Seminar: Pooyan Jamshidi

“Reconciling Accuracy, Cost, and Latency of Inference Serving Systems”
Monday, Sept. 16 at 11am
5050 MALA
Add to Calendar

Abstract

ML inference services serve user requests directly, requiring fast and accurate responses. Moreover, these services face dynamic workloads of requests, imposing changes in their computing resources, and failing to right-size computing resources results in either latency service level objectives (SLOs) violations or wasted computing resources. Adapting to dynamic workloads for ML inference pipelines is a difficult problem because of the exponentially large design space (multiple interacting and interdependent components, each with different knobs that influence performance) and multiple competing performance objectives and conflicting user preferences (accuracy, latency, and cost).
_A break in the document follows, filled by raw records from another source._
-- ===== src/Heartbeats/Membership.antt =====
-- The handles that were collected, as a set.
use mathlib.Core.HLevel.{⊥_prop}
use mathlib.Core.Logic.Or
use mathlib.Core.List.{
  perm_append_comm, Nodup, Nodup-cons, Mem, mem-cons, mem-cons_self, mem-cons_of_mem, not-mem-nil,
  mem-append, mem-append_left, Mem-prop, append-nil, append_assoc,
}
use mathlib.Core.List.Perm
use lsd.Common.{
  ℕ, ◌≡◌, ◌↔◌, refl, sym, subst, arith, true, false, List, [], ◌∷◌, ◌++◌, Bool-cases, inl, inr, ◌⊎◌,
  All, All-append, if◌then◌else◌, str_eq_iff,
}
use lsd.Hosts.{HostInfo, HandleInfo, handle_info_eq}
use lsd.Heartbeats.Pings.{is_collected, add_handle, add_handles, add_host, Collected}

same_handle :
    (a b : HandleInfo) → a.name ≡ b.name → a.service_name ≡ b.service_name → a.port ≡ b.port → a ≡ b
same_handle a b n s p = cc

handle_info-eq : (a b : HandleInfo) → handle_info_eq a b ≡ true → a ≡ b
unfolding handle_info_eq
handle_info-eq a b h =
    same_handle a b (ground (arith, str_eq_iff a.name b.name))
      (ground (arith, str_eq_iff a.service_name b.service_name)) (ground arith)

pub handle_info_refl : (a : HandleInfo) → handle_info_eq a a ≡ true
unfolding handle_info_eq
handle_info_refl a =
    ground
      (arith, (str_eq_iff a.name a.name).1 refl, (str_eq_iff a.service_name a.service_name).1 refl)

mem_of_collected : (x : HandleInfo) (l : List HandleInfo) → is_collected x l ≡ true → Mem x l
unfolding is_collected
mem_of_collected x [] h = absurd (ground arith)
mem_of_collected x (there ∷ others) h = elim (Bool-cases (handle_info_eq there x)) [
  | inl hit ↦ subst (λ y. Mem x (y ∷ others)) (sym (handle_info-eq there x hit)) mem-cons_self
  | inr miss ↦ mem-cons_of_mem there (mem_of_collected x others (ground arith))
]

hit_is_equal : (x there : HandleInfo) → x ≡ there → handle_info_eq there x ≡ true
hit_is_equal x there hit = subst (λ y. handle_info_eq y x ≡ true) hit (handle_info_refl x)

not-mem_of_collected : (x : HandleInfo) (l : List HandleInfo) → is_collected x l ≡ false → ¬ Mem x l
unfolding is_collected
not-mem_of_collected x [] h mem = not-mem-nil mem
not-mem_of_collected x (there ∷ others) h mem =
    Or.elim ⊥_prop (mem-cons.0 mem) (λ hit. absurd (ground (arith, hit_is_equal x there hit)))
      (λ further. not-mem_of_collected x others (ground arith) further)

-- A handle is appended unless it is there.
abbrev with_handle : HandleInfo → List HandleInfo → List HandleInfo
with_handle x l = if is_collected x l then l else l ++ x ∷ []

with_handle-Nodup : (x : HandleInfo) (l : List HandleInfo) → Nodup l → Nodup (with_handle x l)
with_handle-Nodup x l d = elim (Bool-cases (is_collected x l)) [
  | inl hit ↦ rw (hit) d
  | inr miss ↦
      rw (miss)
        (Perm.nodup (perm_append_comm (x ∷ []) l) (Nodup-cons.1 (not-mem_of_collected x l miss, d)))
]

mem_of_append :
    {xs l : List HandleInfo} {y : HandleInfo} → (Mem y xs → Mem y l) → Mem y (l ++ xs) → Mem y l
mem_of_append f m = Or.elim Mem-prop (mem-append.0 m) (λ here. here) f

mem-with_handle :
    (x y : HandleInfo) (l : List HandleInfo) → Mem y (with_handle x l) ↔ Mem y (l ++ x ∷ [])
mem-with_handle x y l = elim (Bool-cases (is_collected x l)) [
  | inl hit ↦ rw (hit) (
    mem-append_left (x ∷ []),
    mem_of_append (λ m.
        Or.elim Mem-prop (mem-cons.0 m)
          (λ e. subst (λ z. Mem z l) (sym e) (mem_of_collected x l hit))
          (λ n. absurd (not-mem-nil n))),
  )
  | inr miss ↦ rw (miss) ((λ m. m), (λ m. m))
]

mem-append_congr :
    {a b : List HandleInfo} (xs : List HandleInfo) {y : HandleInfo}
    → (Mem y a → Mem y b)
    → Mem y (a ++ xs)
    → Mem y (b ++ xs)
mem-append_congr xs f m = mem-append.1 (Or.imp f (λ n. n) (mem-append.0 m))

-- All the handles of a list, one after the other.
unfoldable pub collect_all : List HandleInfo → List HandleInfo → List HandleInfo
collect_all [] l = l
collect_all (x ∷ xs) l = collect_all xs (with_handle x l)

pub collect_all-Nodup : (xs l : List HandleInfo) → Nodup l → Nodup (collect_all xs l)
unfolding collect_all
collect_all-Nodup [] l d = d
collect_all-Nodup (x ∷ xs) l d = collect_all-Nodup xs (with_handle x l) (with_handle-Nodup x l d)

pub collect_all-All :
    (P : HandleInfo → Type 0) (xs l : List HandleInfo)
    → All P l
    → All P xs
    → All P (collect_all xs l)
unfolding collect_all
collect_all-All P [] l hl hxs = hl
collect_all-All P (x ∷ xs) l hl hxs =
    collect_all-All P xs (with_handle x l) (with_handle-All (Bool-cases (is_collected x l))) hxs.1
  where
    with_handle-All :
        (is_collected x l ≡ true) ⊎ (is_collected x l ≡ false) → All P (with_handle x l)
    with_handle-All (inl hit) = rw (hit) hl
    with_handle-All (inr miss) = rw (miss) (All-append P l (x ∷ []) hl (hxs.0, tt))

-- Nothing is lost by leaving out what is there.
pub mem-collect_all :
    (xs l : List HandleInfo) (y : HandleInfo) → Mem y (collect_all xs l) ↔ Mem y (l ++ xs)
unfolding collect_all
mem-collect_all [] l y = rw (append-nil l) ((λ m. m), (λ m. m))
mem-collect_all (x ∷ xs) l y =
    let (to, from) = mem-with_handle x y l in
    let (to', from') = mem-collect_all xs (with_handle x l) y in
    rw (sym (append_assoc l (x ∷ []) xs))
      ((λ m. mem-append_congr xs to (to' m)), (λ m. from' (mem-append_congr xs from m)))

pub collect_all-append :
    (xs ys l : List HandleInfo) → collect_all (xs ++ ys) l ≡ collect_all ys (collect_all xs l)
unfolding collect_all
collect_all-append [] ys l = refl
collect_all-append (x ∷ xs) ys l = collect_all-append xs ys (with_handle x l)

add_handles-collected :
    (ip : ℕ) (xs : List HandleInfo) (c : Collected)
    → (add_handles ip xs c).collected_handles ≡ collect_all xs c.collected_handles
unfolding collect_all add_handles
add_handles-collected ip [] c = refl
add_handles-collected ip (x ∷ xs) c = add_handles-collected ip xs (add_handle ip x c)

pub add_host-collected :
    (host : HostInfo) (xs : List HandleInfo) (c : Collected)
    → (add_host host xs c).collected_handles ≡ collect_all xs c.collected_handles
unfolding collect_all add_host
add_host-collected host [] c = refl
add_host-collected host (x ∷ xs) c = add_handles-collected host.ip (x ∷ xs) _

pub add_handles-responded :
    (ip : ℕ) (xs : List HandleInfo) (c : Collected)
    → (add_handles ip xs c).responded_hosts ≡ c.responded_hosts
unfolding add_handles
add_handles-responded ip [] c = refl
add_handles-responded ip (x ∷ xs) c = add_handles-responded ip xs (add_handle ip x c)

-- The host itself is listed if it has a handle.
abbrev pub if_any : HostInfo → List HandleInfo → List HostInfo
if_any host [] = []
if_any host (x ∷ xs) = host ∷ []

pub add_host-responded :
    (host : HostInfo) (xs : List HandleInfo) (c : Collected)
    → (add_host host xs c).responded_hosts ≡ c.responded_hosts ++ if_any host xs
unfolding add_host
add_host-responded host [] c = sym (append-nil c.responded_hosts)
add_host-responded host (x ∷ xs) c = add_handles-responded host.ip (x ∷ xs) _
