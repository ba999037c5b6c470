-- ===== src/Heartbeats/Summary.antt =====
-- What the loop over the hosts leaves, by what the hosts have answered.
use mathlib.Core.List.{Nodup, Nodup-nil, Mem, append-nil, append_assoc}
use lsd.Common.{
  ℕ, suc, ◌≡◌, ◌↔◌, refl, sym, ◌∙◌, ap, subst, List, [], ◌∷◌, ◌++◌, Result, ok, ok-inj,
}
use lsd.Common.Attempt.{◌>>=◌, >>=-eq-ok}
use lsd.Hosts.{Resolver, HostInfo, HandleInfo, ServiceInfo}
use lsd.Json.{Json}
use lsd.Configuration.{Texts}
use lsd.Heartbeats.Pings.{
  Collected, Network, nothing_collected, host_handles, add_host, collect_from,
}
use lsd.Heartbeats.Membership.{
  collect_all, collect_all-Nodup, mem-collect_all, collect_all-append, add_host-collected,
  add_host-responded, if_any,
}

-- A host, and the handles that it told.
abbrev pub Answers : Type 0
Answers = List (HostInfo × List HandleInfo)

abbrev pub told_handles : Answers → List HandleInfo
told_handles [] = []
told_handles ((host, handles) ∷ rest) = handles ++ told_handles rest

abbrev pub alive_hosts : Answers → List HostInfo
alive_hosts [] = []
alive_hosts ((host, handles) ∷ rest) = if_any host handles ++ alive_hosts rest

-- The hosts are those that told a handle, in order. The handles are those that were told, by whichever
-- host, and each stands there once.
pub record IsSummary (answers : Answers) (c : Collected) : Type 0 where
  pub hosts : c.responded_hosts ≡ alive_hosts answers
  pub once : Nodup c.collected_handles
  pub told : (x : HandleInfo) → Mem x c.collected_handles ↔ Mem x (told_handles answers)

module _ (j : Json) (texts : Texts) (r : Resolver) (network : Network) (s_info : ServiceInfo) where
  -- The hosts are asked, and nothing else is done.
  unfoldable pub answers_from : ℕ → List HostInfo → Result Answers
  answers_from i [] = ok []
  answers_from i (host ∷ hosts) = do
    handles ← host_handles j texts r network s_info i host
    rest ← answers_from (suc i) hosts
    ok ((host, handles) ∷ rest)

  answers_from-cons :
      (i : ℕ) (host : HostInfo) (hosts : List HostInfo) {handles : List HandleInfo} {rest : Answers}
      → host_handles j texts r network s_info i host ≡ ok handles
      → answers_from (suc i) hosts ≡ ok rest
      → answers_from i (host ∷ hosts) ≡ ok ((host, handles) ∷ rest)
  unfolding answers_from
  answers_from-cons i host hosts is_handles is_rest = rw (is_handles, is_rest) refl

  pub collect_from_lem :
      (i : ℕ) (hosts : List HostInfo) (c : Collected) {c' : Collected}
      → collect_from j texts r network s_info i hosts c ≡ ok c'
      → (answers : Answers) × (answers_from i hosts ≡ ok answers)
        × (c'.responded_hosts ≡ c.responded_hosts ++ alive_hosts answers)
        × (c'.collected_handles ≡ collect_all (told_handles answers) c.collected_handles)
  unfolding collect_from answers_from collect_all
  collect_from_lem i [] c e =
      let same = ok-inj e in
      (
        [],
        refl,
        sym (ap Collected.responded_hosts same) ∙ sym (append-nil c.responded_hosts),
        sym (ap Collected.collected_handles same),
      )
  collect_from_lem i (host ∷ hosts) c e =
      let (handles, is_handles, e') =
        >>=-eq-ok (host_handles j texts r network s_info i host) _ e in
      let next = add_host host handles c in
      let (rest, is_rest, responded, collected) = collect_from_lem (suc i) hosts next e' in
      (
        (host, handles) ∷ rest,
        answers_from-cons i host hosts is_handles is_rest,
        responded
            ∙ ap (λ l. l ++ alive_hosts rest) (add_host-responded host handles c)
            ∙ append_assoc c.responded_hosts (if_any host handles) (alive_hosts rest),
        collected
            ∙ ap (collect_all (told_handles rest)) (add_host-collected host handles c)
            ∙ sym (collect_all-append handles (told_handles rest) c.collected_handles),
      )

  -- If the loop over the hosts ends without an exception, then every host was asked, and the hosts
  -- that told a handle are listed in order, and the handles that were told, by whichever host, each
  -- once.
  pub collect_from-IsSummary :
      (hosts : List HostInfo) (c : Collected)
      → collect_from j texts r network s_info 0 hosts nothing_collected ≡ ok c
      → (answers : Answers) × (answers_from 0 hosts ≡ ok answers) × IsSummary answers c
  collect_from-IsSummary hosts c e =
      let (answers, is_answers, responded, collected) =
        collect_from_lem 0 hosts nothing_collected e in
      (
        answers,
        is_answers,
        record {
          hosts = responded;
          once =
              subst (λ l. Nodup l) (sym collected)
                (collect_all-Nodup (told_handles answers) [] Nodup-nil);
          told = λ x.
              subst (λ l. Mem x l ↔ Mem x (told_handles answers)) (sym collected)
                (mem-collect_all (told_handles answers) [] x);
        },
      )
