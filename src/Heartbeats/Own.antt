-- ===== src/Heartbeats/Own.antt =====
-- Which handles the answer of a host can bring.
use lsd.Common.{
  ℕ, suc, String, ◌≡◌, ◌≢◌, refl, arith, Bool, true, false, not, ◌||◌, ◌==◌, Option, none, some,
  List, [], ◌∷◌, ◌++◌, Result, ok, err, thrown, undefined, All, All-append, if◌then◌else◌, subst,
  ok-inj, str_eq, Bool-cases, inl, inr,
}
use lsd.Common.Attempt.{◌>>=◌, >>=-eq-ok}
use lsd.Hosts.{Resolver, HostInfo, HandleInfo, ServiceInfo}
use lsd.Json.{Json, get_string, get_bool}
use lsd.Configuration.{Texts}
use lsd.Heartbeats.Response.{
  instance_of, port_of, is_handle_ok, checked_handle, parse_handle, parse_handles, parse_tasks,
  parse_app, parse_apps, parse_root, parse_host_response,
}
use lsd.Heartbeats.Exchange.{get_metainfo_from_host, connection_str}
use lsd.Heartbeats.Summary.{Answers, told_handles, answers_from}
use lsd.Heartbeats.Pings.{Network, parsed_handles, host_handles}

-- A handle of the service, with a port.
pub record IsOwn (s_info : ServiceInfo) (handle : HandleInfo) : Type 0 where
  pub service : handle.service_name ≡ s_info.name
  pub port : handle.port ≢ 0

module _ (s_info : ServiceInfo) where
  -- Whatever comes out is the service's own.
  abbrev pub Brings : Result (List HandleInfo) → Type 0
  Brings (ok handles) = All (IsOwn s_info) handles
  Brings (err f) = Unit {0}

  Brings->>= :
      {A : Type 0} (m : Result A) (f : A → Result (List HandleInfo))
      → ((a : A) → Brings (f a))
      → Brings (m >>= f)
  Brings->>= (ok a) f h = h a
  Brings->>= (err e) f h = tt

  Brings-if :
      (b : Bool) (x y : Result (List HandleInfo))
      → Brings x
      → Brings y
      → Brings (if b then x else y)
  Brings-if true x y hx hy = hx
  Brings-if false x y hx hy = hy

  Brings-append :
      (x y : Result (List HandleInfo))
      → Brings x
      → Brings y
      → Brings (x >>= λ a. y >>= λ b. ok (a ++ b))
  Brings-append (ok a) (ok b) hx hy = All-append (IsOwn s_info) a b hx hy
  Brings-append (ok a) (err e) hx hy = tt
  Brings-append (err e) y hx hy = tt

  has_port :
      (instance_name : String) (handle : HandleInfo)
      → is_handle_ok s_info instance_name handle ≡ true
      → handle.port ≢ 0
  unfolding is_handle_ok
  has_port instance_name handle h = ground arith

  by_test :
      (name instance_name : String) (port : ℕ)
      → let handle : HandleInfo = record { name = name; service_name = s_info.name; port = port } in
        All (IsOwn s_info) (if is_handle_ok s_info instance_name handle then handle ∷ [] else [])
  by_test name instance_name port =
      let handle : HandleInfo = record { name = name; service_name = s_info.name; port = port } in
      elim (Bool-cases (is_handle_ok s_info instance_name handle)) [
        | inl good ↦
            rw (good) (record { service = refl; port = has_port instance_name handle good }, tt)
        | inr bad ↦ rw (bad) tt
      ]

  checked_handle-IsOwn :
      (texts : Texts) (name endpoint route : String)
      → All (IsOwn s_info) (checked_handle texts s_info name endpoint route)
  unfolding checked_handle
  checked_handle-IsOwn texts name endpoint route =
      by_test name (instance_of route) (port_of texts endpoint)

module _ (j : Json) (texts : Texts) (s_info : ServiceInfo) where
  parse_handle-Brings :
      (tasks : j.Value) (name : String) → Brings s_info (parse_handle j texts s_info tasks name)
  unfolding parse_handle
  parse_handle-Brings tasks name = Brings->>= s_info (j.member tasks name) _ (λ handle.
      Brings-if s_info (not (j.is_object handle) || j.size handle == 0) _ _ tt (
        Brings->>= s_info (get_string j handle "type" "") _ (λ type.
          Brings-if s_info (not (str_eq type "server+lsd")) _ _ tt (
            Brings->>= s_info (get_string j handle "endpoint" "") _ (λ endpoint.
              Brings->>= s_info (get_string j handle "route" "") _
                (λ route. checked_handle-IsOwn s_info texts name endpoint route))))))

  parse_handles-Brings :
      (tasks : j.Value) (names : List String)
      → Brings s_info (parse_handles j texts s_info tasks names)
  unfolding parse_handles
  parse_handles-Brings tasks [] = tt
  parse_handles-Brings tasks (name ∷ names) =
      Brings-append s_info (parse_handle j texts s_info tasks name)
        (parse_handles j texts s_info tasks names) (parse_handle-Brings tasks name)
        (parse_handles-Brings tasks names)

  parse_tasks-Brings : (apps : j.Value) → Brings s_info (parse_tasks j texts s_info apps)
  unfolding parse_tasks
  parse_tasks-Brings apps = Brings->>= s_info (j.member apps s_info.app_name) _ (λ app.
      Brings->>= s_info (j.member app "tasks") _ (λ tasks.
        Brings-if s_info (not (j.is_object tasks) || j.size tasks == 0) _ _ tt
          (Brings->>= s_info (j.member_names tasks) _ (parse_handles-Brings tasks))))

  parse_app-Brings :
      (apps : j.Value) (name : String) → Brings s_info (parse_app j texts s_info apps name)
  unfolding parse_app
  parse_app-Brings apps name = Brings-if s_info (not (str_eq name s_info.app_name)) _ _ tt (
      Brings->>= s_info (j.member apps s_info.app_name) _ (λ app.
        Brings-if s_info (not (j.is_object app)) _ _ tt (
          Brings->>= s_info (get_bool j app "running" false) _
            (λ running. Brings-if s_info (not running) _ _ tt (parse_tasks-Brings apps)))))

  parse_apps-Brings :
      (apps : j.Value) (names : List String) → Brings s_info (parse_apps j texts s_info apps names)
  unfolding parse_apps
  parse_apps-Brings apps [] = tt
  parse_apps-Brings apps (name ∷ names) =
      Brings-append s_info (parse_app j texts s_info apps name)
        (parse_apps j texts s_info apps names) (parse_app-Brings apps name)
        (parse_apps-Brings apps names)

  parse_root-Brings : (root : Option j.Value) → Brings s_info (parse_root j texts s_info root)
  unfolding parse_root
  parse_root-Brings none = tt
  parse_root-Brings (some root) = Brings->>= s_info (j.member root "apps") _ (λ apps.
      Brings-if s_info (not (j.is_object apps) || j.size apps == 0) _ _ tt
        (Brings->>= s_info (j.member_names apps) _ (parse_apps-Brings apps)))

  skipped-Brings :
      (x : Result (List HandleInfo))
      → Brings s_info x
      → Brings s_info (elim x [
        | ok handles ↦ ok handles
        | err (thrown type) ↦ ok []
        | err undefined ↦ err undefined
      ])
  skipped-Brings (ok handles) h = h
  skipped-Brings (err (thrown type)) h = tt
  skipped-Brings (err undefined) h = tt

  module _ (r : Resolver) (network : Network) where
    parsed_handles-Brings :
        (metadata : Option String)
        → Brings s_info (parsed_handles j texts r network s_info metadata)
    unfolding parsed_handles parse_host_response
    parsed_handles-Brings none = tt
    parsed_handles-Brings (some metadata) =
        skipped-Brings (parse_root j texts s_info (j.parse metadata))
          (parse_root-Brings (j.parse metadata))

    -- What a host is found to have are handles of the service, with a port.
    pub host_handles-Brings :
        (i : ℕ) (host : HostInfo) → Brings s_info (host_handles j texts r network s_info i host)
    unfolding host_handles
    host_handles-Brings i host =
        by_metadata (get_metainfo_from_host (network i (connection_str r texts s_info host.ip)))
      where
        by_metadata :
            (x : Result (Option String))
            → Brings s_info (elim x [
              | err f ↦ err f
              | ok metadata ↦ parsed_handles j texts r network s_info metadata
            ])
        by_metadata (ok metadata) = parsed_handles-Brings metadata
        by_metadata (err f) = tt

    pub told-IsOwn :
        (i : ℕ) (hosts : List HostInfo) (answers : Answers)
        → answers_from j texts r network s_info i hosts ≡ ok answers
        → All (IsOwn s_info) (told_handles answers)
    unfolding answers_from
    told-IsOwn i [] answers e = subst (λ l. All (IsOwn s_info) (told_handles l)) (ok-inj e) tt
    told-IsOwn i (host ∷ hosts) answers e =
        let (handles, is_handles, e') =
          >>=-eq-ok (host_handles j texts r network s_info i host) _ e in
        let (rest, is_rest, e'') =
          >>=-eq-ok (answers_from j texts r network s_info (suc i) hosts) _ e' in
        let own = subst (Brings s_info) is_handles (host_handles-Brings i host) in
        subst (λ l. All (IsOwn s_info) (told_handles l)) (ok-inj e'')
          (All-append (IsOwn s_info) handles (told_handles rest) own
            (told-IsOwn (suc i) hosts rest is_rest))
In addition, the specific reconfiguration must be decided in real time and with incomplete and imperfect knowledge due to dynamic workload, variable network latency, and variable resource availability. In this talk, I will present our recent solutions to the abovementioned challenges: InfAdapter combines model-switching and auto-scaling to enable a more granular design space to trade accuracy, cost, and latency in inference serving systems; IPA dynamically re-configures ML inference pipelines to achieve the tradeoff; and Sponge deals with dynamic SLOs and achieves its goal by applying in-place vertical scaling, dynamic batching, and request reordering.

Biography

Dr. Pooyan Jamshidi is an assistant professor in the University of South Carolina’s Department of Computer Science and Engineering. Pooyan has also worked in industry; most recently, he was a visiting researcher at Google in 2021. Before his current position, Pooyan was a postdoctoral researcher at Carnegie Mellon University (2016–2018) and Imperial College London (2014–2016). He received a Ph.D. in computer science from Dublin City University in 2014 and an M.S. and B.S. in systems engineering and computer science and math from Amirkabir University of Technology in 2003 and 2006. Pooyan’s research interests span the areas of software, systems, AI/ML, and robotics. In particular, he is interested in developing algorithms and tools that enable building resilient systems that can automatically handle goal tradeoffs, incorporate user preferences and constraints, identify causes of failures, and self-adapt to be able to operate in dynamic environments. Pooyan’s work integrates various areas such as distributed systems, control theory, statistical learning and optimization, causal inference, representation learning, and transfer learning, focusing on applications in autonomous systems, AI accelerators, and software/hardware co-design.